===== Source material =====

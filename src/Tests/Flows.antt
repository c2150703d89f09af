-- ===== src/Tests/Flows.antt =====
-- The flow scheduler at concrete inputs (traffic/flow_scheduler.py).
use satgonetem.Base.{
  ◌≤◌, ◌≡◌, refl, sym, ◌∙◌, subst, Bool, true, Option, Option-cases, inl, inr, some-injective, none,
  some, List, [], ◌∷◌, codes, length, ok, raise, value_error, nat_eq, text_eq,
}
use satgonetem.Flows.{
  idle, pick, on_flow_start, on_flow_done, Event, begin, finish, report, close, Flow, Scheduler,
  submit, new_scheduler, sort_flows, run, step, step_running, Reach, here, next, started, running,
  done,
}
use satgonetem.Flows.Outcome.{run_lem}
use satgonetem.Flows.Outcomes.{Outcomes, flows_of, errors_in, results_in, map_in, count}
use satgonetem.Flows.Progress.{Reach-done}

abbrev late : Flow
late = record { reference = 1; delay = 20; label = codes "PingFlow Gnd1 -> Gnd2" }

abbrev early : Flow
early = record { reference = 2; delay = 5; label = codes "PingFlow Gnd2 -> Gnd3" }

unfoldable created : Scheduler
created = record {
  flows = early ∷ late ∷ [];
  max_workers = 1;
  debug = true;
  save_results = true;
  active_flows = [];
  results = [];
  result_map = [];
  total_count = 2;
  completed_count = 0;
  status = idle;
  errors = [];
  scheduler_error = none;
  flow_deque = [];
  waiting = [];
  executing = [];
  ended = [];
  collected = [];
}

created-made : new_scheduler (late ∷ early ∷ []) 1 true (some 180000) true ≡ ok created
unfolding new_scheduler sort_flows created
created-made = refl

created-run : run created ≡ ok (started created)
unfolding run created
created-run = refl

unfoldable one_submitted : Scheduler
unfolding created
one_submitted = record (started created) { flow_deque = late ∷ []; waiting = early ∷ [] }

one_submitted-reached : Reach (started created) one_submitted
unfolding one_submitted created step step_running
one_submitted-reached = next submit refl here

one_submitted-running : one_submitted.status ≡ running
unfolding one_submitted
one_submitted-running = refl

abbrev take_steps : List Event → Scheduler → Option Scheduler
unfolding step step_running
take_steps [] s = some s
take_steps (e ∷ es) s = elim (step e s) [ none ↦ none | some t ↦ take_steps es t ]

take_steps-Reach :
    (es : List Event) {s t u : Scheduler} → Reach s t → take_steps es t ≡ some u → Reach s u
unfolding take_steps
take_steps-Reach [] {s = s} r h = subst (Reach s) (some-injective h) r
take_steps-Reach (e ∷ es) {s = s} {t = t} {u = u} r h = elim (Option-cases (step e t)) [
  | inl stuck ↦ absurd (let e' : none ≡ some u = sym (rw (take_steps, stuck) refl) ∙ h in cc)
  | inr (v, went) ↦ take_steps-Reach es (next e went r) (sym (rw (take_steps, went) refl) ∙ h)
]

-- One worker executes the early flow, which has a result, and the late one, which raises.
abbrev whole_run : List Event
whole_run =
    submit
    ∷ begin
    ∷ submit
    ∷ finish 0 (ok 70)
    ∷ begin
    ∷ finish 0 (raise value_error)
    ∷ report 1
    ∷ report 0
    ∷ close
    ∷ []

unfoldable ended_run : Scheduler
unfolding created
ended_run = record (started created) {
  flow_deque = [];
  status = done;
  completed_count = 2;
  results = 70 ∷ [];
  result_map = (early.reference, 70) ∷ [];
  collected = value_error ∷ [];
  errors = value_error ∷ [];
}

whole_run-ended_run : take_steps whole_run (started created) ≡ some ended_run
unfolding take_steps created ended_run step step_running pick on_flow_start on_flow_done
whole_run-ended_run = refl

run_lem_example :
    (length ended_run.executing ≤ 1)
    × (ended_run.status ≡ done
        → (os : Outcomes) × ((p : Flow → Bool)
            → count p (flows_of os) ≡ count p (late ∷ early ∷ []))
          × (ended_run.errors ≡ errors_in os)
          × (true ≡ true
              → (ended_run.results ≡ results_in os) × (ended_run.result_map ≡ map_in os [])))
run_lem_example =
    run_lem (late ∷ early ∷ []) 1 true (some 180000) true created (started created) ended_run
      created-made created-run (take_steps-Reach whole_run here whole_run-ended_run)

Reach-done_example : (v : Scheduler) × Reach one_submitted v × (v.status ≡ done)
Reach-done_example =
    Reach-done (late ∷ early ∷ []) 1 true (some 180000) true created (started created) one_submitted
      created-made created-run one_submitted-reached one_submitted-running
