-- ===== src/Tests/Hil.antt =====
-- The hardware-in-the-loop manager on a small machine (launchers/hil_manager.py).
use satgonetem.Base.{
  ℕ, ◌≡◌, refl, not, ◌&&◌, Option, none, some, List, [], ◌∷◌, ◌++◌, codes, text_eq, nat_eq, nat_beq,
  if◌then◌else◌, Result, ok, raise, runtime_error, ℤ, pos, negsuc, int_of_text, int_of_text-decimal,
  is_prefix, mem, mem-filter, filter, values, decimal,
}
use satgonetem.Address.{drop}
use satgonetem.Acts.{◌>>=◌}
use satgonetem.Hil.{
  Hil, Station, HilLink, Machine, add_bridge, get_link, delete_link, run_tc, bridge_name, Call,
  sets_up, tears_down, updates, run_calls, new_hil, teardown_all, ask,
}
use satgonetem.Hil.Books.{Books, run_calls-Books}
use satgonetem.Hil.Release.{HasBridges, teardown_all_lem}

-- The machine knows the numbers of the bridges that there are, and one link of each other name.
abbrev bridge_number : Option ℤ → List ℕ
bridge_number (some (pos n)) = n ∷ []
bridge_number (some (negsuc n)) = []
bridge_number none = []

-- A bridge that there is not is an exception.
abbrev asked_for : List ℕ → List ℕ → Result (List ℕ)
asked_for bridges [] = raise runtime_error
asked_for bridges (n ∷ _) = if mem n bridges then ok (n ∷ []) else raise runtime_error

unfoldable small : Machine (List ℕ)
small (add_bridge name) k = (k ++ bridge_number (int_of_text (drop 5 name)), ok [])
small (get_link name) k = (
  k,
  if is_prefix (codes "brhil") name
      then asked_for k (bridge_number (int_of_text (drop 5 name)))
      else ok (0 ∷ []),
)
small (delete_link i) k = (filter (λ n. not (nat_beq i n)) k, ok [])
small (run_tc pid commands) k = (k, ok (0 ∷ []))
small _ k = (k, ok [])

small-HasBridges : HasBridges small mem (λ id k. id)
unfolding small
small-HasBridges = record {
  found = λ id k there. rw (int_of_text-decimal id, there) refl;
  missing = λ id k absent. (raise runtime_error, rw (int_of_text-decimal id, absent) refl, tt);
  gone = λ id k there j. mem-filter (λ n. not (nat_beq id n)) j k;
}

abbrev ground : Station
ground = record { name = codes "Gnd7"; id = 7; container_pid = 0 }

abbrev link_from : ℕ → ℕ → HilLink
link_from sat pid = record {
  type = codes "GroundStationLink";
  source = record { name = codes "Sat" ++ decimal sat; id = sat; container_pid = pid };
  target = ground;
  delay = 4;
  peer1_capacity = 0;
}

-- A handover, and a satellite that has no container.
abbrev handover : List Call
handover =
    sets_up (link_from 1 411)
    ∷ updates (link_from 1 411)
    ∷ tears_down (link_from 1 411)
    ∷ sets_up (link_from 2 0)
    ∷ sets_up (link_from 3 413)
    ∷ []

abbrev after_handover : Hil (List ℕ)
after_handover = run_calls small handover (new_hil ((codes "Gnd7", codes "eth1") ∷ []) 100_000 [])

run_calls_runs :
    (after_handover.hil_bridges ≡ (codes "Gnd7", codes "brhil7") ∷ [])
    × (after_handover.hil_veths ≡ (codes "Gnd7", codes "hil7") ∷ [])
    × (after_handover.machine ≡ 7 ∷ [])
unfolding run_calls small ask ◌>>=◌ decimal int_of_text
run_calls_runs = (refl, refl, refl)

run_calls-Books_example : Books ((codes "Gnd7", codes "eth1") ∷ []) after_handover
run_calls-Books_example =
    run_calls-Books small ((codes "Gnd7", codes "eth1") ∷ []) handover 100_000 []

teardown_all_lem_example :
    let after = teardown_all small after_handover in
    (after.1 ≡ ok tt)
    × (after.0.hil_bridges ≡ [])
    × (after.0.hil_veths ≡ [])
    × ((j : ℕ)
        → mem j after.0.machine ≡ (
            mem j after_handover.machine
            && not (mem (bridge_name j) (values after_handover.hil_bridges))))
teardown_all_lem_example =
    teardown_all_lem small mem (λ id k. id) small-HasBridges ((codes "Gnd7", codes "eth1") ∷ [])
      after_handover run_calls-Books_example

=====

▶ [How to complete this task]:
For the records above, tally the lines holding the word "report". Answer with the number only.

▶ [Result of this task]:
3